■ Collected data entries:
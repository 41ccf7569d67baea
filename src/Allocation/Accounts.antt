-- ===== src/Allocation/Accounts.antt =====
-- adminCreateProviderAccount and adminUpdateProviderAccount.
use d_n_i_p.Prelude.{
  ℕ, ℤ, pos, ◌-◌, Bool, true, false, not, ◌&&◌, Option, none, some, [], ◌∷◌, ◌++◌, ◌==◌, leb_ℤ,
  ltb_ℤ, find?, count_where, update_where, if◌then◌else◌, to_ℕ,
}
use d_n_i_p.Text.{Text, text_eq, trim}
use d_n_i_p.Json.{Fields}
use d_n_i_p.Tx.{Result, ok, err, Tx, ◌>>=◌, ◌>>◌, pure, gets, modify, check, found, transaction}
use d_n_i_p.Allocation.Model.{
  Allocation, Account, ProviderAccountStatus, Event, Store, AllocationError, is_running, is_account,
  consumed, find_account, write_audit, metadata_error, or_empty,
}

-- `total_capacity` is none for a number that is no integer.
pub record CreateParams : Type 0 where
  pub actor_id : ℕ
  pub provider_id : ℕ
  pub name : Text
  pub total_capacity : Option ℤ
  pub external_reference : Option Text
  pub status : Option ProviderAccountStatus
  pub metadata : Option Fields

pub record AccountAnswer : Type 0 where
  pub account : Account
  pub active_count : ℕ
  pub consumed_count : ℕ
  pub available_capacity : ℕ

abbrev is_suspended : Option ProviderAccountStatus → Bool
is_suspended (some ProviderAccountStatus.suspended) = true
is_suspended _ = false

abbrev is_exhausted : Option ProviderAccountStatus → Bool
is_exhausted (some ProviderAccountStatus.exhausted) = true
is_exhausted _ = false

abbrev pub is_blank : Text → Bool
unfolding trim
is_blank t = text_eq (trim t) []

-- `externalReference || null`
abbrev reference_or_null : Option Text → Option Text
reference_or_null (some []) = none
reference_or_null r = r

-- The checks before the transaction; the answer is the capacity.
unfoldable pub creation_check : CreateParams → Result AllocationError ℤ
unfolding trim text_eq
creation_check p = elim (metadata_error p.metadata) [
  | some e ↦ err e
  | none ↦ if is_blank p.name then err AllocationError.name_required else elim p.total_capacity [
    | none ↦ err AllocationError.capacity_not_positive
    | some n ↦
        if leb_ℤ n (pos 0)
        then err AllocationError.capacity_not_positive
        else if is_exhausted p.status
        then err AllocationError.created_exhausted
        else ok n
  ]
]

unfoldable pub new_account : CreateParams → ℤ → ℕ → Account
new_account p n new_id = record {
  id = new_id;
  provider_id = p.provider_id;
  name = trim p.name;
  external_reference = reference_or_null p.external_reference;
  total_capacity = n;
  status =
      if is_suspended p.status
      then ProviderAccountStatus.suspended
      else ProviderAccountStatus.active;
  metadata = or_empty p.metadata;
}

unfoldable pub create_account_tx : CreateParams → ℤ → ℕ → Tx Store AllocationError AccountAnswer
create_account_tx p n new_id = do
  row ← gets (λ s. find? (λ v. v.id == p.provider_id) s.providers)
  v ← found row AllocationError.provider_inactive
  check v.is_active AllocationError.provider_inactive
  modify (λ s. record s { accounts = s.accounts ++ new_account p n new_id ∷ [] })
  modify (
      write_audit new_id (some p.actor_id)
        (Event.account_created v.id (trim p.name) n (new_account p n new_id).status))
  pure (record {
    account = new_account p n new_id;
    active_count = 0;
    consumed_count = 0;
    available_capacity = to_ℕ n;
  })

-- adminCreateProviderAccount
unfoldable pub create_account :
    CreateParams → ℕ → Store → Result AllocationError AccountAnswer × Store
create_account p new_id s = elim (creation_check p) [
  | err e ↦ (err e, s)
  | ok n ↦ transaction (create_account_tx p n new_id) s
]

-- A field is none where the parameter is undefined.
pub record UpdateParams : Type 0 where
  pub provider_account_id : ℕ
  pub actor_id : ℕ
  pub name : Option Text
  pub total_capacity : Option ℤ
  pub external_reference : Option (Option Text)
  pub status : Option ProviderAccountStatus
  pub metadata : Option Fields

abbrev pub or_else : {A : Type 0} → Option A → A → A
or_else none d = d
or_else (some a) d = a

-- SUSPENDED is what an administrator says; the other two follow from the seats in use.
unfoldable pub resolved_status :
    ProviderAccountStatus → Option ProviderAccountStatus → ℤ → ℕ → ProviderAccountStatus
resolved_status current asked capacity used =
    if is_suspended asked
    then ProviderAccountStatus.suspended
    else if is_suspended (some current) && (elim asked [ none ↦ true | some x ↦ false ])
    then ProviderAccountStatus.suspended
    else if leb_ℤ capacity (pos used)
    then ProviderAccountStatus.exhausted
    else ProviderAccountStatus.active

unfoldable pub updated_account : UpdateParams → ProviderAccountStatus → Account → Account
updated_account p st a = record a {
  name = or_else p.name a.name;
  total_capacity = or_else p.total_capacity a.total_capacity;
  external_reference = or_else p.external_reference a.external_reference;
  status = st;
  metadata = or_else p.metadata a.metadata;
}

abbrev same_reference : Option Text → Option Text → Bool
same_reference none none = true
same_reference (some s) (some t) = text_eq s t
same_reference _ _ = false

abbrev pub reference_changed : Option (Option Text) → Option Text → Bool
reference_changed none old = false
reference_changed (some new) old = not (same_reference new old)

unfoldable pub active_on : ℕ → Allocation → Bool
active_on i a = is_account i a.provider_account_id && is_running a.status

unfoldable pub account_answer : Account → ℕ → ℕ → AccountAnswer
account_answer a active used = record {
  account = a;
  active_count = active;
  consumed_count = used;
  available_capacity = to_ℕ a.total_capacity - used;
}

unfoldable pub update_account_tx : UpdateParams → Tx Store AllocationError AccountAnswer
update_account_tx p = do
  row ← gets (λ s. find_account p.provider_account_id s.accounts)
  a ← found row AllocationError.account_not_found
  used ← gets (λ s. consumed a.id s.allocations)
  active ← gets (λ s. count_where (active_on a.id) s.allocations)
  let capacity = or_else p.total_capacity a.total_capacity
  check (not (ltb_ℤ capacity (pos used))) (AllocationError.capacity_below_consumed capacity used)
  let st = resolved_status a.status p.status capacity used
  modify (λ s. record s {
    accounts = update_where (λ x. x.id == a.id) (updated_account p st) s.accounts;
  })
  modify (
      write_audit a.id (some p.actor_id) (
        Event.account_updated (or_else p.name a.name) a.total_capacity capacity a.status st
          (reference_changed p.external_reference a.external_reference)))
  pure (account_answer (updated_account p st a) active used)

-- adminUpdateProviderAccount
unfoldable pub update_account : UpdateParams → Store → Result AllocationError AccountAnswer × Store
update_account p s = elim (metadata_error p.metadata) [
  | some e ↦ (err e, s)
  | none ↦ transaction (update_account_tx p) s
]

■ TASK TO COMPLETE: Copy every entry exactly; no part may be left out.

■ FINISHED TASK:
repository 41ccf7569d67baea
filename src/Allocation/Accounts.antt
-- ===== src/Allocation/Accounts.antt =====
-- adminCreateProviderAccount and adminUpdateProviderAccount.
use d_n_i_p.Prelude.{
  ℕ, ℤ, pos, ◌-◌, Bool, true, false, not, ◌&&◌, Option, none, some, [], ◌∷◌, ◌++◌, ◌==◌, leb_ℤ,
  ltb_ℤ, find?, count_where, update_where, if◌then◌else◌, to_ℕ,
}
use d_n_i_p.Text.{Text, text_eq, trim}
use d_n_i_p.Json.{Fields}
use d_n_i_p.Tx.{Result, ok, err, Tx, ◌>>=◌, ◌>>◌, pure, gets, modify, check, found, transaction}
use d_n_i_p.Allocation.Model.{
  Allocation, Account, ProviderAccountStatus, Event, Store, AllocationError, is_running, is_account,
  consumed, find_account, write_audit, metadata_error, or_empty,
}

-- `total_capacity` is none for a number that is no integer.
pub record CreateParams : Type 0 where
  pub actor_id : ℕ
  pub provider_id : ℕ
  pub name : Text
  pub total_capacity : Option ℤ
  pub external_reference : Option Text
  pub status : Option ProviderAccountStatus
  pub metadata : Option Fields

pub record AccountAnswer : Type 0 where
  pub account : Account
  pub active_count : ℕ
  pub consumed_count : ℕ
  pub available_capacity : ℕ

abbrev is_suspended : Option ProviderAccountStatus → Bool
is_suspended (some ProviderAccountStatus.suspended) = true
is_suspended _ = false

abbrev is_exhausted : Option ProviderAccountStatus → Bool
is_exhausted (some ProviderAccountStatus.exhausted) = true
is_exhausted _ = false

abbrev pub is_blank : Text → Bool
unfolding trim
is_blank t = text_eq (trim t) []

-- `externalReference || null`
abbrev reference_or_null : Option Text → Option Text
reference_or_null (some []) = none
reference_or_null r = r

-- The checks before the transaction; the answer is the capacity.
unfoldable pub creation_check : CreateParams → Result AllocationError ℤ
unfolding trim text_eq
creation_check p = elim (metadata_error p.metadata) [
  | some e ↦ err e
  | none ↦ if is_blank p.name then err AllocationError.name_required else elim p.total_capacity [
    | none ↦ err AllocationError.capacity_not_positive
    | some n ↦
        if leb_ℤ n (pos 0)
        then err AllocationError.capacity_not_positive
        else if is_exhausted p.status
        then err AllocationError.created_exhausted
        else ok n
  ]
]

unfoldable pub new_account : CreateParams → ℤ → ℕ → Account
new_account p n new_id = record {
  id = new_id;
  provider_id = p.provider_id;
  name = trim p.name;
  external_reference = reference_or_null p.external_reference;
  total_capacity = n;
  status =
      if is_suspended p.status
      then ProviderAccountStatus.suspended
      else ProviderAccountStatus.active;
  metadata = or_empty p.metadata;
}

unfoldable pub create_account_tx : CreateParams → ℤ → ℕ → Tx Store AllocationError AccountAnswer
create_account_tx p n new_id = do
  row ← gets (λ s. find? (λ v. v.id == p.provider_id) s.providers)
  v ← found row AllocationError.provider_inactive
  check v.is_active AllocationError.provider_inactive
  modify (λ s. record s { accounts = s.accounts ++ new_account p n new_id ∷ [] })
  modify (
      write_audit new_id (some p.actor_id)
        (Event.account_created v.id (trim p.name) n (new_account p n new_id).status))
  pure (record {
    account = new_account p n new_id;
    active_count = 0;
    consumed_count = 0;
    available_capacity = to_ℕ n;
  })

-- adminCreateProviderAccount
unfoldable pub create_account :
    CreateParams → ℕ → Store → Result AllocationError AccountAnswer × Store
create_account p new_id s = elim (creation_check p) [
  | err e ↦ (err e, s)
  | ok n ↦ transaction (create_account_tx p n new_id) s
]

-- A field is none where the parameter is undefined.
pub record UpdateParams : Type 0 where
  pub provider_account_id : ℕ
  pub actor_id : ℕ
  pub name : Option Text
  pub total_capacity : Option ℤ
  pub external_reference : Option (Option Text)
  pub status : Option ProviderAccountStatus
  pub metadata : Option Fields

abbrev pub or_else : {A : Type 0} → Option A → A → A
or_else none d = d
or_else (some a) d = a

-- SUSPENDED is what an administrator says; the other two follow from the seats in use.
unfoldable pub resolved_status :
    ProviderAccountStatus → Option ProviderAccountStatus → ℤ → ℕ → ProviderAccountStatus
resolved_status current asked capacity used =
    if is_suspended asked
    then ProviderAccountStatus.suspended
    else if is_suspended (some current) && (elim asked [ none ↦ true | some x ↦ false ])
    then ProviderAccountStatus.suspended
    else if leb_ℤ capacity (pos used)
    then ProviderAccountStatus.exhausted
    else ProviderAccountStatus.active

unfoldable pub updated_account : UpdateParams → ProviderAccountStatus → Account → Account
updated_account p st a = record a {
  name = or_else p.name a.name;
  total_capacity = or_else p.total_capacity a.total_capacity;
  external_reference = or_else p.external_reference a.external_reference;
  status = st;
  metadata = or_else p.metadata a.metadata;
}

abbrev same_reference : Option Text → Option Text → Bool
same_reference none none = true
same_reference (some s) (some t) = text_eq s t
same_reference _ _ = false

abbrev pub reference_changed : Option (Option Text) → Option Text → Bool
reference_changed none old = false
reference_changed (some new) old = not (same_reference new old)

unfoldable pub active_on : ℕ → Allocation → Bool
active_on i a = is_account i a.provider_account_id && is_running a.status

unfoldable pub account_answer : Account → ℕ → ℕ → AccountAnswer
account_answer a active used = record {
  account = a;
  active_count = active;
  consumed_count = used;
  available_capacity = to_ℕ a.total_capacity - used;
}

unfoldable pub update_account_tx : UpdateParams → Tx Store AllocationError AccountAnswer
update_account_tx p = do
  row ← gets (λ s. find_account p.provider_account_id s.accounts)
  a ← found row AllocationError.account_not_found
  used ← gets (λ s. consumed a.id s.allocations)
  active ← gets (λ s. count_where (active_on a.id) s.allocations)
  let capacity = or_else p.total_capacity a.total_capacity
  check (not (ltb_ℤ capacity (pos used))) (AllocationError.capacity_below_consumed capacity used)
  let st = resolved_status a.status p.status capacity used
  modify (λ s. record s {
    accounts = update_where (λ x. x.id == a.id) (updated_account p st) s.accounts;
  })
  modify (
      write_audit a.id (some p.actor_id) (
        Event.account_updated (or_else p.name a.name) a.total_capacity capacity a.status st
          (reference_changed p.external_reference a.external_reference)))
  pure (account_answer (updated_account p st a) active used)

-- adminUpdateProviderAccount
unfoldable pub update_account : UpdateParams → Store → Result AllocationError AccountAnswer × Store
update_account p s = elim (metadata_error p.metadata) [
  | some e ↦ (err e, s)
  | none ↦ transaction (update_account_tx p) s
]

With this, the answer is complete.